- _BRIEF_
Check every line of the records below for the string "done" and copy the ones that have it.

- _PROVIDED RECORDS_
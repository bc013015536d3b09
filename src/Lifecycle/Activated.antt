-- ===== src/Lifecycle/Activated.antt =====
-- What an activation has done when it ends, and at each moment before: activate_registry of
-- src/codekg/graph_lifecycle.py.
use my_kg_codebase.Prelude.{
  ℕ, ◌≡◌, refl, sym, subst, Bool, true, false, not, ◌⊎◌, inl, inr, Option, some, List, [], ◌∷◌,
  ◌++◌, All, Bool-cases, Option-cases,
}
use my_kg_codebase.Prelude.Text.{Text, text_eq}
use my_kg_codebase.Prelude.Dict.{lookup}
use my_kg_codebase.Lifecycle.Files.{
  FilePath, full_path, previous_path, Payload, Disk, not_siblings, not_distinct, invalid_registry,
  failed_backend, Result, ok, err, Action, and_then, pure,
}
use my_kg_codebase.Lifecycle.Activate.{
  Activation, guard, same_parent, switch, reject_symlinks, reject_symlink_path, validated,
  activate_registry,
}
use my_kg_codebase.Lifecycle.Atomic.{Ensures}
use my_kg_codebase.Lifecycle.Explained.{IsExplained, Explained}
use my_kg_codebase.Lifecycle.Safe.{
  Checks, Checks-then, guard-Checks, IsSwitched, WasSafe, switch-Ensures, switch-Explained,
}

module _ (fails : ℕ → Bool) (random : ℕ → Text) (is_symlink : Text → Option Bool)
    {Registry : Type 0} (load : Payload → Option Registry) (graphs : Registry → ℕ)
    (validates : Registry → Bool) where
  -- The file holds a registry that passes the validator.
  abbrev pub IsValid : FilePath → Disk → Payload → Registry → Type 0
  IsValid path d payload registry =
      (lookup (full_path path) d.files ≡ some payload)
      × (load payload ≡ some registry)
      × (validates registry ≡ true)

  pub reject_symlinks-Checks :
      (current : Text) (parts : List Text) (d : Disk)
      → Checks
          (λ _. Unit {0})
          d
          (reject_symlinks fails random is_symlink load graphs validates current parts d)
  unfolding reject_symlinks
  reject_symlinks-Checks current [] d = (tt, refl)
  reject_symlinks-Checks current (part ∷ parts) d =
      let next = current ++ b'/' ∷ part in
      elim (Option-cases (is_symlink next)) [
        | inl e ↦ rw (reject_symlinks, e) refl
        | inr (true, e) ↦ rw (reject_symlinks, e) refl
        | inr (false, e) ↦ rw (reject_symlinks, e) (reject_symlinks-Checks next parts d)
      ]

  pub reject_symlink_path-Checks :
      (path : FilePath) (d : Disk)
      → Checks
          (λ _. Unit {0})
          d
          (reject_symlink_path fails random is_symlink load graphs validates path d)
  unfolding reject_symlink_path
  reject_symlink_path-Checks path d = reject_symlinks-Checks [] (path.parent ++ path.name ∷ []) d

  pub validated-Checks :
      (path : FilePath) (d : Disk)
      → Checks
          (λ registry. (payload : Payload) × IsValid path d payload registry)
          d
          (validated fails random is_symlink load graphs validates path d)
  unfolding validated
  validated-Checks path d =
      let P = λ (registry : Registry). (payload : Payload) × IsValid path d payload registry in
      let run = validated fails random is_symlink load graphs validates path d in
      elim (Option-cases (lookup (full_path path) d.files)) [
        | inl e ↦
            let done : run ≡ (err invalid_registry, d) = rw (validated, e) refl in
            subst (Checks P d) (sym done) refl
        | inr (payload, e) ↦ elim (Option-cases (load payload)) [
          | inl f ↦
              let done : run ≡ (err invalid_registry, d) = rw (validated, e, f) refl in
              subst (Checks P d) (sym done) refl
          | inr (registry, f) ↦ elim (Bool-cases (validates registry)) [
            | inl v ↦
                let done : run ≡ (ok registry, d) = rw (validated, e, f, v) refl in
                subst (Checks P d) (sym done) ((payload, (e, f, v)), refl)
            | inr v ↦
                let done : run ≡ (err failed_backend, d) = rw (validated, e, f, v) refl in
                subst (Checks P d) (sym done) refl
          ]
        ]
      ]

  module _ (candidate active : FilePath) (d : Disk) where
    -- In each state that a crash could have left, and now
    abbrev pub StaysSafe : Payload → Disk → Type 0
    StaysSafe payload e =
        WasSafe fails random candidate active payload d e.files
        × All (WasSafe fails random candidate active payload d) e.history

    abbrev pub IsActivation : Result Activation × Disk → Type 0
    IsActivation (ok activation, e) =
        (payload : Payload) × (registry : Registry) × IsValid candidate d payload registry
        × (activation.generation_count ≡ graphs registry)
        × IsSwitched fails random candidate active payload d e.files
        × StaysSafe payload e
    IsActivation (err failure, e) =
        (e ≡ d)
        ⊎ ((payload : Payload) × (registry : Registry) × IsValid candidate d payload registry
            × StaysSafe payload e
            × IsExplained fails d.operations failure e)

    after_check :
        {A : Type 0} (P : A → Type 0) (r : Result A × Disk) (f : A → Action Activation)
        → Checks P d r
        → ((a : A) → P a → IsActivation (f a d))
        → IsActivation (and_then r f)
    after_check P r f = Checks-then IsActivation P d r f (λ _. inl refl)

    after_switch :
        (payload : Payload) (registry : Registry) (r : Result (Option Payload) × Disk)
        (f : Option Payload → Activation)
        → IsValid candidate d payload registry
        → ((old : Option Payload) → (f old).generation_count ≡ graphs registry)
        → Ensures
            (WasSafe fails random candidate active payload d)
            (WasSafe fails random candidate active payload d)
            (λ _ e. IsSwitched fails random candidate active payload d e.files)
            r
        → Explained fails d.operations r
        → IsActivation (and_then r (λ old. pure (f old)))
    after_switch payload registry (ok old, e) f valid counted (switched, safe) _ =
        (payload, registry, valid, counted old, switched, safe)
    after_switch payload registry (err failure, e) f valid counted safe why =
        inr (payload, registry, valid, safe, why)

-- For every disk, whichever of its operations fail, every pair of paths, loader and validator: if
-- `activate_registry` returns, the candidate held a registry that passed the validator, its bytes
-- are now active, and what was active before is kept as the previous registry. If it raises, either
-- nothing at all has changed, or the candidate was valid, the error is one of the operating system,
-- and one of the operations on files that the call made, reads included, failed. In every state on
-- the way, which a crash could leave, the active registry is the old one, or the valid candidate
-- with the old one kept.
pub activate_registry-IsActivation :
    (fails : ℕ → Bool) (random : ℕ → Text) (is_symlink : Text → Option Bool) {Registry : Type 0}
    (load : Payload → Option Registry) (graphs : Registry → ℕ) (validates : Registry → Bool)
    (candidate active : FilePath) (d : Disk)
    → d.history ≡ []
    → IsActivation fails random is_symlink load graphs validates candidate active d
        (activate_registry fails random is_symlink load graphs validates candidate active d)
unfolding activate_registry
activate_registry-IsActivation fails random is_symlink {Registry} load graphs validates candidate
      active d start =
    let links = reject_symlink_path fails random is_symlink load graphs validates in
    let linked = reject_symlink_path-Checks fails random is_symlink load graphs validates in
    let valid = λ (registry : Registry).
      (payload : Payload) × IsValid fails random is_symlink load graphs validates candidate d
        payload registry in
    after_check fails random is_symlink load graphs validates candidate active d (λ _. Unit {0})
      (links candidate d) _ (linked candidate d)
      (λ _ _.
        after_check fails random is_symlink load graphs validates candidate active d (λ _. Unit {0})
          (links active d) _ (linked active d)
          (λ _ _.
            after_check fails random is_symlink load graphs validates candidate active d
              (λ _. Unit {0}) (links (previous_path active) d) _ (linked (previous_path active) d)
              (λ _ _.
                after_check fails random is_symlink load graphs validates candidate active d
                  (λ _. same_parent candidate active ≡ true)
                  (guard (same_parent candidate active) not_siblings d) _
                  (guard-Checks (same_parent candidate active) not_siblings d)
                  (λ _ _.
                    let distinct = not (text_eq (full_path candidate) (full_path active)) in
                    after_check fails random is_symlink load graphs validates candidate active d
                      (λ _. distinct ≡ true) (guard distinct not_distinct d) _
                      (guard-Checks distinct not_distinct d)
                      (λ _ _.
                        after_check fails random is_symlink load graphs validates candidate active d
                          valid
                          (validated fails random is_symlink load graphs validates candidate d) _
                          (validated-Checks fails random is_symlink load graphs validates candidate
                            d)
                          (λ registry found.
                            after_switch fails random is_symlink load graphs validates candidate
                              active d found.0 registry (switch fails random candidate active d) _
                              found.1 (λ old. refl)
                              (switch-Ensures fails random candidate active found.0 d found.1.0 (
                                subst (All (WasSafe fails random candidate active found.0 d))
                                  (sym start) tt))
                              (switch-Explained fails random candidate active found.0 d
                                found.1.0)))))))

- _RESPONSE BELOW_
-- What an activation has done when it ends, and at each moment before: activate_registry of
            let done : run ≡ (err invalid_registry, d) = rw (validated, e) refl in
            subst (Checks P d) (sym done) refl
              let done : run ≡ (err invalid_registry, d) = rw (validated, e, f) refl in
              subst (Checks P d) (sym done) refl
                let done : run ≡ (ok registry, d) = rw (validated, e, f, v) refl in
                subst (Checks P d) (sym done) ((payload, (e, f, v)), refl)
                let done : run ≡ (err failed_backend, d) = rw (validated, e, f, v) refl in
                subst (Checks P d) (sym done) refl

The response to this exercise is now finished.